> [DATA SUPPLIED]
-- ===== src/Base/Finite.antt =====
-- Checking a test on all numbers below a bound, by running it.
use Prim.Native.Nat.{ℕ, zero, suc, ◌<◌}
use mathlib.Core.Path.{◌≡◌, sym, subst}
use mathlib.Core.Logic.{◌⊎◌, inl, inr}
use mathlib.Core.Bool.{Bool, true, ◌&&◌}
use native.Mathlib.Omega.{arith}

-- A test that holds of all numbers below a bound.
unfoldable pub all_below : ℕ → (ℕ → Bool) → Bool
all_below zero f = true
all_below (suc n) f = f n && all_below n f

pub all_below-elim : (n : ℕ) (f : ℕ → Bool) → all_below n f ≡ true → (i : ℕ) → i < n → f i ≡ true
unfolding all_below
all_below-elim zero f h i p = absurd (omega arith)
all_below-elim (suc n) f h i p = elim (below_suc i n p) [
  | inl q ↦ all_below-elim n f (and_right (f n) (all_below n f) h) i q
  | inr q ↦ subst (λ j. f j ≡ true) (sym q) (and_left (f n) (all_below n f) h)
]
  where
    below_suc : (a b : ℕ) → a < suc b → (a < b) ⊎ (a ≡ b)
    below_suc a b r = ground arith

    and_left : (a b : Bool) → (a && b) ≡ true → a ≡ true
    and_left a b r = ground arith

    and_right : (a b : Bool) → (a && b) ≡ true → b ≡ true
    and_right a b r = ground arith
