-- ===== src/Base/Outcome.antt =====
-- Code that throws, as a value: the result, or the error that leaves the state as it was.
use mathlib.Core.Path.{◌≡◌, ap}

pub data Outcome {ℓ κ} (E : Type ℓ) (A : Type κ) : Type (ℓ ⊔ κ) where
  done : A → Outcome E A
  throws : E → Outcome E A

infixl 5 ◌>>=◌
abbrev pub ◌>>=◌ {ℓ κ μ} :
    {E : Type ℓ} {A : Type κ} {B : Type μ} → Outcome E A → (A → Outcome E B) → Outcome E B
done a >>= f = f a
throws e >>= f = throws e

-- A computation that gives a value goes on with it.
pub bind_done {ℓ κ μ} :
    {E : Type ℓ} {A : Type κ} {B : Type μ} {r : Outcome E A} {a : A} (f : A → Outcome E B)
    → r ≡ done a
    → (r >>= f) ≡ f a
bind_done f h = ap (λ r. r >>= f) h
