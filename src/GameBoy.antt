-- ===== src/GameBoy.antt =====
-- The Game Boy core: cores/gameboy.
pub mod Cartridge
pub mod Mapper
pub mod MemoryMap
pub mod Cpu
pub mod Clock
pub mod Apu
pub mod Ports
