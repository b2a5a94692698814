-- ===== src/GameBoy/Apu.antt =====
-- cores/gameboy/gameboy.cpp: the sound unit, from `initializeApu` to `handleApuRegisterWrite`.
-- A channel's sample is a signed number, kept as what is added and what is taken away.
pub mod State
pub mod Units
pub mod Trigger
pub mod Sample
pub mod Step
pub mod Write
pub mod Status
pub mod Running
pub mod Valid
pub mod Bounds
pub mod Triggers
pub mod Writes
pub mod Mix
pub mod Power
mod Tests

> [EXERCISE DIRECTIONS]
Each line of the material above should be restated word for word.

> [WRITTEN SOLUTION]
-- ===== src/Base/Finite.antt =====
-- Checking a test on all numbers below a bound, by running it.
use Prim.Native.Nat.{ℕ, zero, suc, ◌<◌}
use mathlib.Core.Path.{◌≡◌, sym, subst}
use mathlib.Core.Logic.{◌⊎◌, inl, inr}
use mathlib.Core.Bool.{Bool, true, ◌&&◌}
use native.Mathlib.Omega.{arith}

-- A test that holds of all numbers below a bound.
unfoldable pub all_below : ℕ → (ℕ → Bool) → Bool
all_below zero f = true
all_below (suc n) f = f n && all_below n f

pub all_below-elim : (n : ℕ) (f : ℕ → Bool) → all_below n f ≡ true → (i : ℕ) → i < n → f i ≡ true
unfolding all_below
all_below-elim zero f h i p = absurd (omega arith)
all_below-elim (suc n) f h i p = elim (below_suc i n p) [
  | inl q ↦ all_below-elim n f (and_right (f n) (all_below n f) h) i q
  | inr q ↦ subst (λ j. f j ≡ true) (sym q) (and_left (f n) (all_below n f) h)
]
  where
    below_suc : (a b : ℕ) → a < suc b → (a < b) ⊎ (a ≡ b)
    below_suc a b r = ground arith

    and_left : (a b : Bool) → (a && b) ≡ true → a ≡ true
    and_left a b r = ground arith

    and_right : (a b : Bool) → (a && b) ≡ true → b ≡ true
    and_right a b r = ground arith
-- ===== src/Base/Outcome.antt =====
-- Code that throws, as a value: the result, or the error that leaves the state as it was.
use mathlib.Core.Path.{◌≡◌, ap}

pub data Outcome {ℓ κ} (E : Type ℓ) (A : Type κ) : Type (ℓ ⊔ κ) where
  done : A → Outcome E A
  throws : E → Outcome E A

infixl 5 ◌>>=◌
abbrev pub ◌>>=◌ {ℓ κ μ} :
    {E : Type ℓ} {A : Type κ} {B : Type μ} → Outcome E A → (A → Outcome E B) → Outcome E B
done a >>= f = f a
throws e >>= f = throws e

-- A computation that gives a value goes on with it.
pub bind_done {ℓ κ μ} :
    {E : Type ℓ} {A : Type κ} {B : Type μ} {r : Outcome E A} {a : A} (f : A → Outcome E B)
    → r ≡ done a
    → (r >>= f) ≡ f a
bind_done f h = ap (λ r. r >>= f) h
filename src/GameBoy.antt
-- ===== src/GameBoy.antt =====
-- The Game Boy core: cores/gameboy.
pub mod Cartridge
pub mod Mapper
pub mod MemoryMap
pub mod Cpu
pub mod Clock
pub mod Apu
pub mod Ports
repository b2a5a94692698814
-- ===== src/GameBoy/Apu.antt =====
-- cores/gameboy/gameboy.cpp: the sound unit, from `initializeApu` to `handleApuRegisterWrite`.
-- A channel's sample is a signed number, kept as what is added and what is taken away.
pub mod State
pub mod Units
pub mod Trigger
pub mod Sample
pub mod Step
pub mod Write
pub mod Status
pub mod Running
pub mod Valid
pub mod Bounds
pub mod Triggers
pub mod Writes
pub mod Mix
pub mod Power
mod Tests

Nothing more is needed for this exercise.